1. NV: Ist ein Grundlagenbescheid bereits ergangen, aber angefochten worden, ist die Aussetzung eines Klageverfahrens gegen einen Folgebescheid zwar nicht zwingend, stellt im Rahmen der erforderlichen Ermessungsentscheidung aber den Regelfall dar.

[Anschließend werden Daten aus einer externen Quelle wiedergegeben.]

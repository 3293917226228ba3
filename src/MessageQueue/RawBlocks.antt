-- ===== src/MessageQueue/RawBlocks.antt =====
-- `rawWaitAndGet` and `rawPutAndNotify` move blocks between the raw ring and the callers.
use mathlib.Core.List.{Perm, perm_middle, append_assoc}
use mathlib.Core.List.Perm
use reiser_rt_core.Prelude.{
  ℕ, ◌+◌, ◌-◌, ◌^◌, ◌≤◌, ◌≡◌, refl, ◌∙◌, inl, inr, List, [], ◌∷◌, ◌++◌, map, arith, length,
  length-append, All-append, ltb, if◌then◌else◌,
}
use reiser_rt_core.Prelude.Words.{u32}
use reiser_rt_core.Outcome.{returns}
use reiser_rt_core.Semaphore.{signal_take}
use reiser_rt_core.RingBufferGuarded as Guarded
use reiser_rt_core.RingBufferGuarded.{Progress, done, blocked}
use reiser_rt_core.RingBufferGuarded.Contents.{Represents}
use reiser_rt_core.RingBufferGuarded.Calls.{get-Fetches, put_stores}
use reiser_rt_core.RingBufferGuarded.Kept.{IsReady, get-IsReady, put-IsReady}
use reiser_rt_core.MemoryPool.{memset, fill}
use reiser_rt_core.MemoryPool.Memory.{length-fill}
use reiser_rt_core.MessageQueue.{MessageQueue, at_raw, raw_wait_and_get, raw_put_and_notify}
use reiser_rt_core.MemoryPool.{wiped}
use reiser_rt_core.MessageQueue.Blocks.{apart, block_inside, alive-wiped}
use reiser_rt_core.MessageQueue.Contents.{IsBlock, blocks, Placed, addresses, Owns}

module _ {M : Type 0} (q : MessageQueue M) where
  -- The queue after a raw block has been handed out.
  abbrev pub after_raw_get : ℕ → MessageQueue M
  after_raw_get a = record q {
    raw_ring_buffer = (Guarded.get q.raw_ring_buffer).buffer;
    running_count = u32 (q.running_count + 1);
    high_watermark =
        if ltb q.high_watermark (u32 (q.running_count + 1))
        then u32 (q.running_count + 1)
        else q.high_watermark;
    arena = fill q.arena a q.element_size 0;
    objects = wiped q.objects a q.element_size;
  }

  pub raw_wait_and_get_some :
      (a : ℕ)
      → (Guarded.get q.raw_ring_buffer).progress ≡ done (returns a)
      → a + q.element_size ≤ length q.arena
      → raw_wait_and_get q ≡ record {
        progress = done (returns a);
        queue = after_raw_get a;
        notices = map at_raw (Guarded.get q.raw_ring_buffer).notices;
      }
  unfolding raw_wait_and_get memset
  raw_wait_and_get_some a e inside = ground arith

  -- With a free block, `rawWaitAndGet` hands the oldest one out.
  pub raw_wait_and_get_takes :
      (a : ℕ) (free : List ℕ) (waiting : List (Placed M)) (held : List ℕ)
      → Owns q (a ∷ free) waiting held
      → let c = raw_wait_and_get q in
        (c.progress ≡ done (returns a)) × Owns c.queue free waiting (a ∷ held)
  raw_wait_and_get_takes a free waiting held h =
      let inside = block_inside q a h.free_blocks.0 in
      rw (raw_wait_and_get_some a got.0 (omega (arith, h.storage, inside))) (refl, owns)
    where
      got :
          ((Guarded.get q.raw_ring_buffer).progress ≡ done (returns a))
          × Represents (Guarded.get q.raw_ring_buffer).buffer free
      got = get-Fetches q.raw_ring_buffer h.raw_ready.in_state h.raw_ready.no_abort (a ∷ free) h.raw

      kept :
          IsReady (Guarded.get q.raw_ring_buffer).buffer
          × ((Guarded.get q.raw_ring_buffer).buffer.semaphore.max_available_count
              ≡ q.raw_ring_buffer.semaphore.max_available_count)
      kept = get-IsReady q.raw_ring_buffer h.raw_ready

      share : Perm ((free ++ addresses waiting) ++ a ∷ held) (blocks q)
      share = Perm.trans (perm_middle (free ++ addresses waiting) held) h.shares

      grown : u32 (q.running_count + 1) ≡ length waiting + (length held + 1)
      grown = omega (arith, h.running, h.all_there, h.raw_room, h.raw_ready.range)

      owns : Owns (after_raw_get a) free waiting (a ∷ held)
      owns = record {
        raw = got.1;
        raw_ready = kept.0;
        raw_room = kept.1 ∙ h.raw_room;
        cooked = h.cooked;
        cooked_ready = h.cooked_ready;
        cooked_room = h.cooked_room;
        storage = length-fill q.arena a q.element_size 0 ∙ h.storage;
        positive = h.positive;
        running = omega (arith, grown);
        high = ground arith;
        high_range = ground (arith, grown, h.high_range, h.all_there);
        all_there = omega (arith, h.all_there);
        alive =
            alive-wiped q a waiting h.free_blocks.0 (apart q a free waiting held h.positive share)
              h.waiting_blocks h.alive;
        free_blocks = h.free_blocks.1;
        waiting_blocks = h.waiting_blocks;
        held_blocks = (h.free_blocks.0, h.held_blocks);
        shares = share;
      }

  raw_wait_and_get_none :
      (Guarded.get q.raw_ring_buffer).progress ≡ blocked
      → raw_wait_and_get q ≡ record {
        progress = blocked;
        queue = record q { raw_ring_buffer = (Guarded.get q.raw_ring_buffer).buffer };
        notices = map at_raw (Guarded.get q.raw_ring_buffer).notices;
      }
  unfolding raw_wait_and_get
  raw_wait_and_get_none e = ground arith

  -- With no free block `rawWaitAndGet` waits, and moves no block.
  pub raw_wait_and_get_waits :
      (waiting : List (Placed M)) (held : List ℕ)
      → Owns q [] waiting held
      → let c = raw_wait_and_get q in (c.progress ≡ blocked) × Owns c.queue [] waiting held
  raw_wait_and_get_waits waiting held h =
      let got = get-Fetches q.raw_ring_buffer h.raw_ready.in_state h.raw_ready.no_abort [] h.raw in
      let kept = get-IsReady q.raw_ring_buffer h.raw_ready in
      rw (raw_wait_and_get_none got.0) (
        refl,
        record {
          raw = got.1;
          raw_ready = kept.0;
          raw_room = kept.1 ∙ h.raw_room;
          cooked = h.cooked;
          cooked_ready = h.cooked_ready;
          cooked_room = h.cooked_room;
          storage = h.storage;
          positive = h.positive;
          running = h.running;
          high = h.high;
          high_range = h.high_range;
          all_there = h.all_there;
          alive = h.alive;
          free_blocks = h.free_blocks;
          waiting_blocks = h.waiting_blocks;
          held_blocks = h.held_blocks;
          shares = h.shares;
        },
      )

  -- The queue after a block has been returned.
  abbrev after_raw_put : ℕ → MessageQueue M
  after_raw_put a = record q {
    raw_ring_buffer = (Guarded.put q.raw_ring_buffer a).buffer;
    running_count = u32 (q.running_count + 2 ^ 32 - 1);
  }

  raw_put_and_notify_done :
      (a : ℕ)
      → (Guarded.put q.raw_ring_buffer a).progress ≡ done (returns tt)
      → (Guarded.put q.raw_ring_buffer a).notices ≡ signal_take ∷ []
      → raw_put_and_notify a q ≡ record {
        progress = done (returns tt);
        queue = after_raw_put a;
        notices = at_raw signal_take ∷ [];
      }
  unfolding raw_put_and_notify
  raw_put_and_notify_done a e n = ground arith

  raw_put_stored :
      (a : ℕ) (free : List ℕ) (waiting : List (Placed M)) (held : List ℕ)
      → Owns q free waiting (a ∷ held)
      → let g = Guarded.put q.raw_ring_buffer a in
        (g.progress ≡ done (returns tt))
        × (g.notices ≡ signal_take ∷ [])
        × Represents g.buffer (free ++ a ∷ [])
  raw_put_stored a free waiting held h =
      elim (put_stores q.raw_ring_buffer h.raw_ready.in_state h.raw_ready.no_abort free a h.raw
        h.raw_ready.fits h.raw_ready.range) [
          | inl (full, _, _) ↦ absurd (omega (arith, h.all_there, h.raw_room))
          | inr (_, p, n, r) ↦ (p, n, r)
        ]

  -- `rawPutAndNotify` never waits for a block that a caller holds: it makes it the last free one,
  -- and signals a thread that waits for one.
  pub raw_put_and_notify_returns :
      (a : ℕ) (free : List ℕ) (waiting : List (Placed M)) (held : List ℕ)
      → Owns q free waiting (a ∷ held)
      → let c = raw_put_and_notify a q in
        (c.progress ≡ done (returns tt))
        × (c.notices ≡ at_raw signal_take ∷ [])
        × Owns c.queue (free ++ a ∷ []) waiting held
        × (c.queue.objects ≡ q.objects)
        × (c.queue.name_of_last_message_dispatched ≡ q.name_of_last_message_dispatched)
  raw_put_and_notify_returns a free waiting held h =
      rw (raw_put_and_notify_done a put.0 put.1) (refl, refl, owns, refl, refl)
    where
      put :
          let g = Guarded.put q.raw_ring_buffer a in
          (g.progress ≡ done (returns tt))
          × (g.notices ≡ signal_take ∷ [])
          × Represents g.buffer (free ++ a ∷ [])
      put = raw_put_stored a free waiting held h

      moved :
          Perm
            (((free ++ a ∷ []) ++ addresses waiting) ++ held)
            ((free ++ addresses waiting) ++ a ∷ held)
      moved = rw (append_assoc free (a ∷ []) (addresses waiting)) (
          Perm.trans (Perm.append (perm_middle free (addresses waiting)) (Perm.refl held))
            (Perm.symm (perm_middle (free ++ addresses waiting) held)))

      owns : Owns (after_raw_put a) (free ++ a ∷ []) waiting held
      owns = record {
        raw = put.2;
        raw_ready = (put-IsReady q.raw_ring_buffer h.raw_ready a).0;
        raw_room = (put-IsReady q.raw_ring_buffer h.raw_ready a).1 ∙ h.raw_room;
        cooked = h.cooked;
        cooked_ready = h.cooked_ready;
        cooked_room = h.cooked_room;
        storage = h.storage;
        positive = h.positive;
        running = omega (arith, h.running, h.all_there, h.raw_room, h.raw_ready.range);
        high = omega (arith, h.running, h.high, h.high_range, h.raw_room, h.raw_ready.range);
        high_range = h.high_range;
        all_there = omega (arith, h.all_there, length-append free (a ∷ []));
        alive = h.alive;
        free_blocks = All-append (IsBlock q) free (a ∷ []) h.free_blocks (h.held_blocks.0, tt);
        waiting_blocks = h.waiting_blocks;
        held_blocks = h.held_blocks.1;
        shares = Perm.trans moved h.shares;
      }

Dies gilt auch dann, wenn das Verfahren gegen den Grundlagenbescheid bereits seit längerer Zeit anhängig ist, das dortige Gericht aber mitteilt, dass in absehbarer Zeit mit einer Entscheidung zu rechnen sei .

2. NV: Ein Anspruch auf Akteneinsicht besteht nur in Bezug auf solche Akten, die dem Gericht vorliegen .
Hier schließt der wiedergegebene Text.